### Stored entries
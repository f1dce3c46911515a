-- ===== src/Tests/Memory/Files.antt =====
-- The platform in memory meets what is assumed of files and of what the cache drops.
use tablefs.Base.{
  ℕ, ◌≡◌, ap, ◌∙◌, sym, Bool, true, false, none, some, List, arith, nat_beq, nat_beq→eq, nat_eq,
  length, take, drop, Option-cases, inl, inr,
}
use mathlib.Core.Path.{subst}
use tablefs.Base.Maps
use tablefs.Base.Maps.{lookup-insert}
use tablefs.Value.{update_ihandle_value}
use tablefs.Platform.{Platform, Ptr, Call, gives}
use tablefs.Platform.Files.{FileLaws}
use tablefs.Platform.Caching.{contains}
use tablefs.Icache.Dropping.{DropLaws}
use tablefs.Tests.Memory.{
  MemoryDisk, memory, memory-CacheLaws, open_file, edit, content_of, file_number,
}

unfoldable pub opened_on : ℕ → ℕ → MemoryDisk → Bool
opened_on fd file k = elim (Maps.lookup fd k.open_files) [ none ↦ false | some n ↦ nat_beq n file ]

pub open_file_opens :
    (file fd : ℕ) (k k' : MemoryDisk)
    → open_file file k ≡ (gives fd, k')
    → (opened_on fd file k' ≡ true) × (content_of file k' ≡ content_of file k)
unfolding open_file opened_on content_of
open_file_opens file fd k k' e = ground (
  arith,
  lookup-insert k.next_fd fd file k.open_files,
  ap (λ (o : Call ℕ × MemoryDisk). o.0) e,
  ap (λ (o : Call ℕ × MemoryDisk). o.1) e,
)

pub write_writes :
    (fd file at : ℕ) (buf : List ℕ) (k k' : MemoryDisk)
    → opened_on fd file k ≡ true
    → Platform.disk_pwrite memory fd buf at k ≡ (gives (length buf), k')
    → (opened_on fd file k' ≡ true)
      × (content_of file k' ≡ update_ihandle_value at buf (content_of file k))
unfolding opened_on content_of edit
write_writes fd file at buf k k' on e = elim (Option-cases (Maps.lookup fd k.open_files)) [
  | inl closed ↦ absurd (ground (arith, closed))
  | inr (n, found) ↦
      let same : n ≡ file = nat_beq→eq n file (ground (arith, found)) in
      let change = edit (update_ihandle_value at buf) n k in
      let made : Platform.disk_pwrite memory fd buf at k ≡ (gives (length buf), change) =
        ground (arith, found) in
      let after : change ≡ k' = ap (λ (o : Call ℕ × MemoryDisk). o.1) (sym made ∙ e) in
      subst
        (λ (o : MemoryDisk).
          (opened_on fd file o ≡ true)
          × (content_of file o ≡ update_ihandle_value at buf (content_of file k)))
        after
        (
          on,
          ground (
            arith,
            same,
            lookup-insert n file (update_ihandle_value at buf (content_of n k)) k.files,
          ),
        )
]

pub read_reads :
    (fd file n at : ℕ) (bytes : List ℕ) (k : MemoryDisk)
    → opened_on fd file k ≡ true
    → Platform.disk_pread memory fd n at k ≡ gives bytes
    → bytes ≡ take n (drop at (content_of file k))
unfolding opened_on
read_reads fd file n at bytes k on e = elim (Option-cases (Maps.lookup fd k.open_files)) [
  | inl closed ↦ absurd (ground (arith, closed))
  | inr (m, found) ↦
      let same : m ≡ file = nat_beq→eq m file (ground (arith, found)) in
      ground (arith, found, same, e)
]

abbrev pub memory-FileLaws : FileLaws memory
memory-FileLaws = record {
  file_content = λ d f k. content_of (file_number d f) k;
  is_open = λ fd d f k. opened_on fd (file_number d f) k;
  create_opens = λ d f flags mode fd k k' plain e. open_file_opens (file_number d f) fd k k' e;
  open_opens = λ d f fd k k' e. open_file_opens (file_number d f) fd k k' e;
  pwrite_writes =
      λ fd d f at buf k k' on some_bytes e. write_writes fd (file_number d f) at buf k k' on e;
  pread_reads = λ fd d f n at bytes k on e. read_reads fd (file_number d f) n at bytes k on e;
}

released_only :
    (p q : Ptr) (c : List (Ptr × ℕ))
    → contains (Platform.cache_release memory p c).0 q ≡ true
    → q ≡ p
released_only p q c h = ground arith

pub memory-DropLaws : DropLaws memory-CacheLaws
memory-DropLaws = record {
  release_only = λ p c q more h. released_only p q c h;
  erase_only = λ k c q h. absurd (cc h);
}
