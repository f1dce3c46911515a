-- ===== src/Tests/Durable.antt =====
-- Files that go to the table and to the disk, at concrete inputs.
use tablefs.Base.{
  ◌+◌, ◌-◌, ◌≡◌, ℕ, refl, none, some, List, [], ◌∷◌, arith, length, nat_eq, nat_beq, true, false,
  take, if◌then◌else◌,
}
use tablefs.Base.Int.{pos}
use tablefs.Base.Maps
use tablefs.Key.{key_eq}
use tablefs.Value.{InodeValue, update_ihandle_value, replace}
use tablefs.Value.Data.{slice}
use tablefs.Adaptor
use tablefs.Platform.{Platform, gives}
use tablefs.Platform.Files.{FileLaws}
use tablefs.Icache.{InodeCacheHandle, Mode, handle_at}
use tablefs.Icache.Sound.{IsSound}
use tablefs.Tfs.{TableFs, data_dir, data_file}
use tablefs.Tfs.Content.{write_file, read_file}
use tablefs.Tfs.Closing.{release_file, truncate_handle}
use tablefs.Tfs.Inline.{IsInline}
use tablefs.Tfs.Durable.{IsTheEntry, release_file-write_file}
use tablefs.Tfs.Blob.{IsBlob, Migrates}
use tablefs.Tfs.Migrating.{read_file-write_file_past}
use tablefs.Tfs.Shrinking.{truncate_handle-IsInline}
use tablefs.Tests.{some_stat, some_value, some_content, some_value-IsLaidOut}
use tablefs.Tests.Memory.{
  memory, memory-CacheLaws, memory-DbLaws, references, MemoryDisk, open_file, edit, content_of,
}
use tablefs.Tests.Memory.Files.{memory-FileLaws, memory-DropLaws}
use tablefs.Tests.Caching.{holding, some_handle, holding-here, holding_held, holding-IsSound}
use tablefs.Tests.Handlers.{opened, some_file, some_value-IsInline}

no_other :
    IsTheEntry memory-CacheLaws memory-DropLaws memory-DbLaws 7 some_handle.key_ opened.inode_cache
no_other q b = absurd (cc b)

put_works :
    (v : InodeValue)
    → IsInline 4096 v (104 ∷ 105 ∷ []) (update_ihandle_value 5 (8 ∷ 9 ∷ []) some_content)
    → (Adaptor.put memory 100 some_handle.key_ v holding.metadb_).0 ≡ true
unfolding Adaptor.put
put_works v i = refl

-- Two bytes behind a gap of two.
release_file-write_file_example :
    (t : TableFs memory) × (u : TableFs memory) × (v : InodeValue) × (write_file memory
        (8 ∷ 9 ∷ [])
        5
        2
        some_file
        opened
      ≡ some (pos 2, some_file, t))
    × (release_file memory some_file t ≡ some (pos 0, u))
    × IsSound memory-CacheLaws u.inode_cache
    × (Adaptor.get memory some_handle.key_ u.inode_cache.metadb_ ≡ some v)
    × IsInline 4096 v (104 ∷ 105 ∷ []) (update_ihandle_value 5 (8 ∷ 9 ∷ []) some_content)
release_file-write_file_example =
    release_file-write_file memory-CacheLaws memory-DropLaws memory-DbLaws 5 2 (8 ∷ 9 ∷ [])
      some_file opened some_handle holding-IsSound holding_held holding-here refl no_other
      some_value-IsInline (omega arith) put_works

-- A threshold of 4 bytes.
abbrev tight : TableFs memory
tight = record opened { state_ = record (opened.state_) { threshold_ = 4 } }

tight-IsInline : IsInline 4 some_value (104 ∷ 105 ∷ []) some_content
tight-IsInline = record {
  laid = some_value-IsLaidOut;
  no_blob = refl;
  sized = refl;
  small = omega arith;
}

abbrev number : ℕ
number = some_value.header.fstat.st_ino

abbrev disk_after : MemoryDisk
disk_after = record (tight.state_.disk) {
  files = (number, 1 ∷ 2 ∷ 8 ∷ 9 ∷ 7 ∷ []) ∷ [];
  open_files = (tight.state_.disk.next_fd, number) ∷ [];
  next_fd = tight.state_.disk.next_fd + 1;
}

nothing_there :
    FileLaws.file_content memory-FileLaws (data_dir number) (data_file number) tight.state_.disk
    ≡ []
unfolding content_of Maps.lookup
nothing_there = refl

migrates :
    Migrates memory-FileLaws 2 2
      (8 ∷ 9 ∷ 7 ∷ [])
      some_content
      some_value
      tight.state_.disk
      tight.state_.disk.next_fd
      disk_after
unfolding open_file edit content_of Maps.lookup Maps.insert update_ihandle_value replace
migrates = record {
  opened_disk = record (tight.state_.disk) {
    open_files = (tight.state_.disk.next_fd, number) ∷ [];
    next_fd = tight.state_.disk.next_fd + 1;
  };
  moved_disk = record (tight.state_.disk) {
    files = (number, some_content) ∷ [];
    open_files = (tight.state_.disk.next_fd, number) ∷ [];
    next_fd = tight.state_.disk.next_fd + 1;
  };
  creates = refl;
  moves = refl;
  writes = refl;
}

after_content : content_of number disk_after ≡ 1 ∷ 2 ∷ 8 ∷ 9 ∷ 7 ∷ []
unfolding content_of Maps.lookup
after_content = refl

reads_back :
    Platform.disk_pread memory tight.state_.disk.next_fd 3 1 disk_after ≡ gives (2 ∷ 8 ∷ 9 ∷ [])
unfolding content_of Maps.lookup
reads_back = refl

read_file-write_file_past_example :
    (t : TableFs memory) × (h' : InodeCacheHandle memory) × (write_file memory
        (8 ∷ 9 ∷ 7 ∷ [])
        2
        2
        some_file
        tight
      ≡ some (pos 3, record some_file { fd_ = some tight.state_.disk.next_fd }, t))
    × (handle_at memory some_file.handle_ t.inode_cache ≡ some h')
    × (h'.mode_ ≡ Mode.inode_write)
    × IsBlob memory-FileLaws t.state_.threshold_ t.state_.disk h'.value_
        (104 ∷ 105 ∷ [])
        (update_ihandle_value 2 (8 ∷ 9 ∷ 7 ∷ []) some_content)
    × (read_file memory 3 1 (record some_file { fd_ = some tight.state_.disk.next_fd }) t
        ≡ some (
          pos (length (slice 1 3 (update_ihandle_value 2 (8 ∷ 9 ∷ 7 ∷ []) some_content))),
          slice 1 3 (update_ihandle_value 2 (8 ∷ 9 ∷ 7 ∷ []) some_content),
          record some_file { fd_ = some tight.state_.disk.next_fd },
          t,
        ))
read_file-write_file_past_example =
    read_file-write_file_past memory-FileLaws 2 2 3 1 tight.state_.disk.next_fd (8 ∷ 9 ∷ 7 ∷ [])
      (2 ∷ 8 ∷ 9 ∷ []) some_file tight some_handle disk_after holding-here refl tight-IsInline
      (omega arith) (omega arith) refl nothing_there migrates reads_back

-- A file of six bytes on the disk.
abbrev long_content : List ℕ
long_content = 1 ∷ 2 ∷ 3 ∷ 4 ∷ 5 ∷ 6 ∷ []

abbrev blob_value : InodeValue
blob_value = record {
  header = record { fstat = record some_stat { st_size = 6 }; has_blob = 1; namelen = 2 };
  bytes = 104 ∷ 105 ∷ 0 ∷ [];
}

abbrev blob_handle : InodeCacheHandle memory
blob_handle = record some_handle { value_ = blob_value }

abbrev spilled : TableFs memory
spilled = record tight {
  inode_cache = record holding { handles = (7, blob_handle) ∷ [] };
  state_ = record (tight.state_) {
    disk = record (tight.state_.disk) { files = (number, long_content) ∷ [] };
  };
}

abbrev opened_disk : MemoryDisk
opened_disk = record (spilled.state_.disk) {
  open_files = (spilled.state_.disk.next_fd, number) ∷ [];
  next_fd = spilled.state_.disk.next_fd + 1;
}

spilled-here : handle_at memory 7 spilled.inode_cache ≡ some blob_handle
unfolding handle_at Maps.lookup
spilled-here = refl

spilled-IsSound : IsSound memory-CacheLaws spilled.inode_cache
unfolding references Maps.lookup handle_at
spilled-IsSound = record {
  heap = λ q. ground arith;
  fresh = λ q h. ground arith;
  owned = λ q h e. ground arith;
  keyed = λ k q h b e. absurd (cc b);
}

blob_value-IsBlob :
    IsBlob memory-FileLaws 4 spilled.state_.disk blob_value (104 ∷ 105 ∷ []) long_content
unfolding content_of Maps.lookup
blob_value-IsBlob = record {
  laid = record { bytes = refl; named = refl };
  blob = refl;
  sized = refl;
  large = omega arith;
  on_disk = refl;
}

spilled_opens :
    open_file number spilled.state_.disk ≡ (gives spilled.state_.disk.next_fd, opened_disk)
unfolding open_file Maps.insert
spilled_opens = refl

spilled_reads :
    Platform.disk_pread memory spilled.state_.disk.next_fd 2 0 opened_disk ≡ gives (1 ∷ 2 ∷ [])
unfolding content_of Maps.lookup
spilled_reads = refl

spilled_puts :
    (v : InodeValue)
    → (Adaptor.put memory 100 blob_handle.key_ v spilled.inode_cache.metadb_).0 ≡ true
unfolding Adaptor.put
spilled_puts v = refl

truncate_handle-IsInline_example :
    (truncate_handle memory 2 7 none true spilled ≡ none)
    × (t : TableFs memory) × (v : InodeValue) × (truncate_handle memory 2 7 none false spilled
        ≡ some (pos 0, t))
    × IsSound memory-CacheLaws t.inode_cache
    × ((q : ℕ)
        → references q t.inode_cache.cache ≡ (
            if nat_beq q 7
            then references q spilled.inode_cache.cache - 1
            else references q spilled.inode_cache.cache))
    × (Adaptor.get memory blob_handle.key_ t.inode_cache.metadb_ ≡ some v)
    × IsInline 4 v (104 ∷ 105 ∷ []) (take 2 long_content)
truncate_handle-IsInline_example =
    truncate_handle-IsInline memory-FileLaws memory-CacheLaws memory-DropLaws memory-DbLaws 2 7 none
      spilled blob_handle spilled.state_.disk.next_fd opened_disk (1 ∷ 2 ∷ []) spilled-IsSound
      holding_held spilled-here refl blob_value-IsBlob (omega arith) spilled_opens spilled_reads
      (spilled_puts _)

### WHAT IS EXPECTED
If a line in the records above has the word "true", copy it out.

### ANSWER TO THIS PROBLEM
  ℕ, ◌≡◌, ap, ◌∙◌, sym, Bool, true, false, none, some, List, arith, nat_beq, nat_beq→eq, nat_eq,
    → (opened_on fd file k' ≡ true) × (content_of file k' ≡ content_of file k)
    → opened_on fd file k ≡ true
    → (opened_on fd file k' ≡ true)
          (opened_on fd file o ≡ true)
    → opened_on fd file k ≡ true
    → contains (Platform.cache_release memory p c).0 q ≡ true
  ◌+◌, ◌-◌, ◌≡◌, ℕ, refl, none, some, List, [], ◌∷◌, arith, length, nat_eq, nat_beq, true, false,
    → (Adaptor.put memory 100 some_handle.key_ v holding.metadb_).0 ≡ true
    → (Adaptor.put memory 100 blob_handle.key_ v spilled.inode_cache.metadb_).0 ≡ true
    (truncate_handle memory 2 7 none true spilled ≡ none)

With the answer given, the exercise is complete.